:: EXCERPTED DATA ::
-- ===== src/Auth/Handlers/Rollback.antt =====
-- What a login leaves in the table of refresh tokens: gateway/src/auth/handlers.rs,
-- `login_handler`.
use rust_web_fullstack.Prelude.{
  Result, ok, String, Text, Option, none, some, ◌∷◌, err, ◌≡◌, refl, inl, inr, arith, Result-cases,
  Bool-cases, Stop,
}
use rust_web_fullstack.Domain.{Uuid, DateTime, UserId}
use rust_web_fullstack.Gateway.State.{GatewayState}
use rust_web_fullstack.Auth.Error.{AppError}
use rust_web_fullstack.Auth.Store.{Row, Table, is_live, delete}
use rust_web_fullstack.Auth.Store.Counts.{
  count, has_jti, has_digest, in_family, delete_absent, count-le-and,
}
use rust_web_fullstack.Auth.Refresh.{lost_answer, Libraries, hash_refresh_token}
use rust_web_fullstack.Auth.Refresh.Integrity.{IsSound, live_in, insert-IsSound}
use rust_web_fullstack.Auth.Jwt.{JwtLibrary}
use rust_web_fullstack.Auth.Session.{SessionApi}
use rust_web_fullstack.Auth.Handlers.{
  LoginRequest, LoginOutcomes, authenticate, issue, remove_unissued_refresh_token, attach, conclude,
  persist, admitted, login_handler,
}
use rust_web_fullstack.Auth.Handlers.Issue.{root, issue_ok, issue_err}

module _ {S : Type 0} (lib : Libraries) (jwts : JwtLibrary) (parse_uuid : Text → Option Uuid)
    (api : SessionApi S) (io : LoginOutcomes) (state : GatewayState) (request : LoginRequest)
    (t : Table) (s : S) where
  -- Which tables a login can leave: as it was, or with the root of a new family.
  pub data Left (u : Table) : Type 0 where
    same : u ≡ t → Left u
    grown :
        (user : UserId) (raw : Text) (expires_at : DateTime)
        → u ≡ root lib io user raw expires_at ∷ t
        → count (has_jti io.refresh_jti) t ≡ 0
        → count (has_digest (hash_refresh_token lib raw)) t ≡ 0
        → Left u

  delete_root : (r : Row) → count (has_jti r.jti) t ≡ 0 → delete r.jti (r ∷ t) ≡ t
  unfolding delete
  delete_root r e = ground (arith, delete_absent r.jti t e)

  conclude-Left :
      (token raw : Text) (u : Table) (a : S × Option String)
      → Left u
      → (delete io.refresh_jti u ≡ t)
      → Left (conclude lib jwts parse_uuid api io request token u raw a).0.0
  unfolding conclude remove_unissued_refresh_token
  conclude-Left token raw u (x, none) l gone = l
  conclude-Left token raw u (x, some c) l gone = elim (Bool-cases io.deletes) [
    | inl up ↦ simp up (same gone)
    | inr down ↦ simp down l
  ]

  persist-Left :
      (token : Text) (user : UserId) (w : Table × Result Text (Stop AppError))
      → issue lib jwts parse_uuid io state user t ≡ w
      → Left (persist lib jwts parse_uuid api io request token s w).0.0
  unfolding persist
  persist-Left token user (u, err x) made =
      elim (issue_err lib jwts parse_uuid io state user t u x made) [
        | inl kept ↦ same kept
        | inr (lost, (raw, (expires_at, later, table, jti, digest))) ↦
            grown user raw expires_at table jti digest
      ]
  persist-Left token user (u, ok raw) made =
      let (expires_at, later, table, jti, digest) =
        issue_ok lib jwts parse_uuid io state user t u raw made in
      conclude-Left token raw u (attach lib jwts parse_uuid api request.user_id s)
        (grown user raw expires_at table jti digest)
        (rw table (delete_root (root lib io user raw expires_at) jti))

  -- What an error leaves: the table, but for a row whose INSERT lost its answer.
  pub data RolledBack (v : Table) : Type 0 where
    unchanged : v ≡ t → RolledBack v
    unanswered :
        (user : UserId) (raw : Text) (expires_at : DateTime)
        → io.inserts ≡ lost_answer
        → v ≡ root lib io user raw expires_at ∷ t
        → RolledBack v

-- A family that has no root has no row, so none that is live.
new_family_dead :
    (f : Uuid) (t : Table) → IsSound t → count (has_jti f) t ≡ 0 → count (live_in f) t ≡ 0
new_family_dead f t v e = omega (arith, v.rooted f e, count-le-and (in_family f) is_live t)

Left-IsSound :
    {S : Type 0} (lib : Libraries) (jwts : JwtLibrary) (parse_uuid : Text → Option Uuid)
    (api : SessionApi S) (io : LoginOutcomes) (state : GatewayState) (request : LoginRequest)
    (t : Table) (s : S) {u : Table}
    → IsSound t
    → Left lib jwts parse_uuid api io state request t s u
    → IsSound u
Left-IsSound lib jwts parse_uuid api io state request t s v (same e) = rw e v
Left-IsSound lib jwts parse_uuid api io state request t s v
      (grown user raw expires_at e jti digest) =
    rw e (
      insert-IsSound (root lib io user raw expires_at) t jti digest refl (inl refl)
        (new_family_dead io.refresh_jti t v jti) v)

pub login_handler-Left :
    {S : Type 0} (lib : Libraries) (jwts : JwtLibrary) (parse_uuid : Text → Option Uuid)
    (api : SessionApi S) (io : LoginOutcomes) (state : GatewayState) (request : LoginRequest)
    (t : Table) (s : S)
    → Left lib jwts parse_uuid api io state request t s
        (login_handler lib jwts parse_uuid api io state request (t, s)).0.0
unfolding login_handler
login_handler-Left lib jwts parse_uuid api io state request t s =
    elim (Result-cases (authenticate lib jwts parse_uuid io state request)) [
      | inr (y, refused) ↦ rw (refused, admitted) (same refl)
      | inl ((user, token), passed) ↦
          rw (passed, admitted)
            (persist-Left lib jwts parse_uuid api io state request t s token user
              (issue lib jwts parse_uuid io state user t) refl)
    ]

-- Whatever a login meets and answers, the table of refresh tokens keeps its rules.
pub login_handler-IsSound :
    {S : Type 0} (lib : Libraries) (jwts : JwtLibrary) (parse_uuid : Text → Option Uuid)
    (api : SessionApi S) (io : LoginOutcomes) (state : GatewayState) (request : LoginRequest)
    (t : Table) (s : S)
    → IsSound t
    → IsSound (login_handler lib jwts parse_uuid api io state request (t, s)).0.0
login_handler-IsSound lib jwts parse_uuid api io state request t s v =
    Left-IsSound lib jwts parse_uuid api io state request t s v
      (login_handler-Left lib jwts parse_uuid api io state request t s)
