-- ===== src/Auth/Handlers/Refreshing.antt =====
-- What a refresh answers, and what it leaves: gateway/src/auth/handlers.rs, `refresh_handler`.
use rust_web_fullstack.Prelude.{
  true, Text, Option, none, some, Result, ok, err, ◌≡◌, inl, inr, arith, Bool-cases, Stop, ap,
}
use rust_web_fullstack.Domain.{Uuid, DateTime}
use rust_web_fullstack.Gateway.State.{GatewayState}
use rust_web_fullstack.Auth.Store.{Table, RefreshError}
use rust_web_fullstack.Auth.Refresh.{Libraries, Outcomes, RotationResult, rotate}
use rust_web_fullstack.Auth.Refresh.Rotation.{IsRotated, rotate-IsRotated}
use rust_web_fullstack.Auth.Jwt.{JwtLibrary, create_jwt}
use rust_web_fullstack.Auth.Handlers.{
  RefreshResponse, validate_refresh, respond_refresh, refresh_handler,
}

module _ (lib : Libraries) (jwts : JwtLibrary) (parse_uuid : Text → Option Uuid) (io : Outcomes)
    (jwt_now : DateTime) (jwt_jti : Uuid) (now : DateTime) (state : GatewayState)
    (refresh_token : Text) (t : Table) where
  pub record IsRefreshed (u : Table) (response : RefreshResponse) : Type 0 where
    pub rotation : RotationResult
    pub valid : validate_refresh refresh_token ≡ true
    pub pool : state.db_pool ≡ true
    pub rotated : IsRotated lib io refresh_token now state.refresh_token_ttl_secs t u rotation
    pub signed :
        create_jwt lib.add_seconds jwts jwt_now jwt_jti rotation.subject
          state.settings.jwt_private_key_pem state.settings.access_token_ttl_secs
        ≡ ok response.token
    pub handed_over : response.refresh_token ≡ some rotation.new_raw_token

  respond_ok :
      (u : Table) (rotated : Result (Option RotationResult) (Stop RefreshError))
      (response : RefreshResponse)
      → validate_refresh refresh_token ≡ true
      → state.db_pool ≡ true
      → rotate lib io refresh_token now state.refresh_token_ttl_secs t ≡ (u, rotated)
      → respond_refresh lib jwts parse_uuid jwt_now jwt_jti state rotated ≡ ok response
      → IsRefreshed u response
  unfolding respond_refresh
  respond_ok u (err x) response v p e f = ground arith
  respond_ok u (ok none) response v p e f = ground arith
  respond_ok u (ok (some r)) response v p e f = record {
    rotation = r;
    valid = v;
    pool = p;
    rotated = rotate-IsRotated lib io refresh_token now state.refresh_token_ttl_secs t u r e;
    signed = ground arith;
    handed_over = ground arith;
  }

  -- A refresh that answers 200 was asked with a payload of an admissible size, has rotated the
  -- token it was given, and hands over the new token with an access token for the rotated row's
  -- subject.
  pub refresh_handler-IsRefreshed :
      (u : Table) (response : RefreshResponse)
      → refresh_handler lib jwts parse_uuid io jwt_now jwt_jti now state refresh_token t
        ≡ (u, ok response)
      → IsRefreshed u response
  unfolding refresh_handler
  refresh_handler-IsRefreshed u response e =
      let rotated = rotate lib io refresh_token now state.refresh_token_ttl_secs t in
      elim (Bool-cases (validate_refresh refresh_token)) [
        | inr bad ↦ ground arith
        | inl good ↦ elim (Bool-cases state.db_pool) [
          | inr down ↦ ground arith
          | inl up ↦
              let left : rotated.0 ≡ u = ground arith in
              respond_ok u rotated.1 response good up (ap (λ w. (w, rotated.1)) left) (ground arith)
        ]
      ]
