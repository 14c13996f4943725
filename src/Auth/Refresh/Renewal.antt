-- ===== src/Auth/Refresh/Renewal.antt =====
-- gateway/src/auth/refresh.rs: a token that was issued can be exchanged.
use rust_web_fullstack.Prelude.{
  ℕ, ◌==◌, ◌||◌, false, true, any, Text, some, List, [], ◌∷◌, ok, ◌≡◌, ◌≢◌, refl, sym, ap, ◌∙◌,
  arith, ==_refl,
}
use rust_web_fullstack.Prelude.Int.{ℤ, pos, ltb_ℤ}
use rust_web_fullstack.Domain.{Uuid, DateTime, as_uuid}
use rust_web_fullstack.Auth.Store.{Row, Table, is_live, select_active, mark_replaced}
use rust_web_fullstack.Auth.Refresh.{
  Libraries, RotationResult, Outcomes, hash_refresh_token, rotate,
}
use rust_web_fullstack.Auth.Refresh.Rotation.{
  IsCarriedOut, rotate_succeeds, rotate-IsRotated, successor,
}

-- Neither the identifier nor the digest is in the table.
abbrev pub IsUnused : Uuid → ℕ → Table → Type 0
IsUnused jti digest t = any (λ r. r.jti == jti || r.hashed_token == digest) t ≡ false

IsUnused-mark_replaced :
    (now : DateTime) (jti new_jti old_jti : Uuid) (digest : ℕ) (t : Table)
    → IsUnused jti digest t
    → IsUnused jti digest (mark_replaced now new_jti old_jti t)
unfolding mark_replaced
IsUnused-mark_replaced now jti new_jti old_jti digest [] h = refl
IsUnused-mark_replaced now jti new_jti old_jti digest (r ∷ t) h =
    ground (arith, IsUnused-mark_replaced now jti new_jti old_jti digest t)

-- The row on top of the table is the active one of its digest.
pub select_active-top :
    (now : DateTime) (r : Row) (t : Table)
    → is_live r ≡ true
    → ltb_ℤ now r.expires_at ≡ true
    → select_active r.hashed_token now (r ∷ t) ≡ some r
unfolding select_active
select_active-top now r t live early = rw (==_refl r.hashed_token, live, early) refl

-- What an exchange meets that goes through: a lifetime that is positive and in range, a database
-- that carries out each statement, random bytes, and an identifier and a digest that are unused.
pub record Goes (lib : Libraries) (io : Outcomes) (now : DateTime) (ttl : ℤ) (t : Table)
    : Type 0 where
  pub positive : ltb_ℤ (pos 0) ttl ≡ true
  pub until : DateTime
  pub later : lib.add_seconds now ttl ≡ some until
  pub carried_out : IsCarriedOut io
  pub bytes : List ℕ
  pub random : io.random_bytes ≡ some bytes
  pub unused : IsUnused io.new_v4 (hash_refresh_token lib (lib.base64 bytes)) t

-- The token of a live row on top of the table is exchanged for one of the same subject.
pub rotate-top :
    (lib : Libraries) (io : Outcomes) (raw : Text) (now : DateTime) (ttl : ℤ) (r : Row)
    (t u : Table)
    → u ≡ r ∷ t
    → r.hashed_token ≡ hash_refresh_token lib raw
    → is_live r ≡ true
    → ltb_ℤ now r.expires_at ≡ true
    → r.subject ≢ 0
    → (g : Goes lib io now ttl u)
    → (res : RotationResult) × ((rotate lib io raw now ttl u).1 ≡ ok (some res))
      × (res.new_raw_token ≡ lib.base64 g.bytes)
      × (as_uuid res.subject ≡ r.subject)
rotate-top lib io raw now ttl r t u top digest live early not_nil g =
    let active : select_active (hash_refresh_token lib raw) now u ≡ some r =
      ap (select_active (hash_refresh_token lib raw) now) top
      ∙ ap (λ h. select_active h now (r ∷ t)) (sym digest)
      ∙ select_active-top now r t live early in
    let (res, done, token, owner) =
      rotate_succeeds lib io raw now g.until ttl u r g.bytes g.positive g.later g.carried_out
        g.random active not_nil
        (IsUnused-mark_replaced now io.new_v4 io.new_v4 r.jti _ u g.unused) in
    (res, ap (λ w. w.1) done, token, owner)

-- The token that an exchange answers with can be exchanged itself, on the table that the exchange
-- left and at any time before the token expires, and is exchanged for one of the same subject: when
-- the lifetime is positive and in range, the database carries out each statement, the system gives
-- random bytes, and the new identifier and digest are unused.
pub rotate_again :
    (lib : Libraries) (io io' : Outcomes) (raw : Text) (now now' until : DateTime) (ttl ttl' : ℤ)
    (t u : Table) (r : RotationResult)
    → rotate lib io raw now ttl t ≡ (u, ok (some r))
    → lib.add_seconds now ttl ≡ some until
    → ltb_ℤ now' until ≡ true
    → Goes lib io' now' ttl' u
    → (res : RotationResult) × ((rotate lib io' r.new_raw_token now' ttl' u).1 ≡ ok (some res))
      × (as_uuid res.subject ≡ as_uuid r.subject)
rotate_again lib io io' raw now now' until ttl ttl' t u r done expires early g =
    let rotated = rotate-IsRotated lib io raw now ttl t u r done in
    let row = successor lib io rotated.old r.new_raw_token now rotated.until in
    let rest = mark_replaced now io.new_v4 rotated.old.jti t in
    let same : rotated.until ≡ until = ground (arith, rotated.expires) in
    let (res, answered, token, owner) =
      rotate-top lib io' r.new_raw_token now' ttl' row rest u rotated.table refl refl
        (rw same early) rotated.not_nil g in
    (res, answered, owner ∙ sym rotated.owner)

:: PROBLEM REQUIREMENTS ::
Look over the data above and show each line that contains "done".

:: RESPONSE AREA ::
    let (res, done, token, owner) =
    (res, ap (λ w. w.1) done, token, owner)
rotate_again lib io io' raw now now' until ttl ttl' t u r done expires early g =
    let rotated = rotate-IsRotated lib io raw now ttl t u r done in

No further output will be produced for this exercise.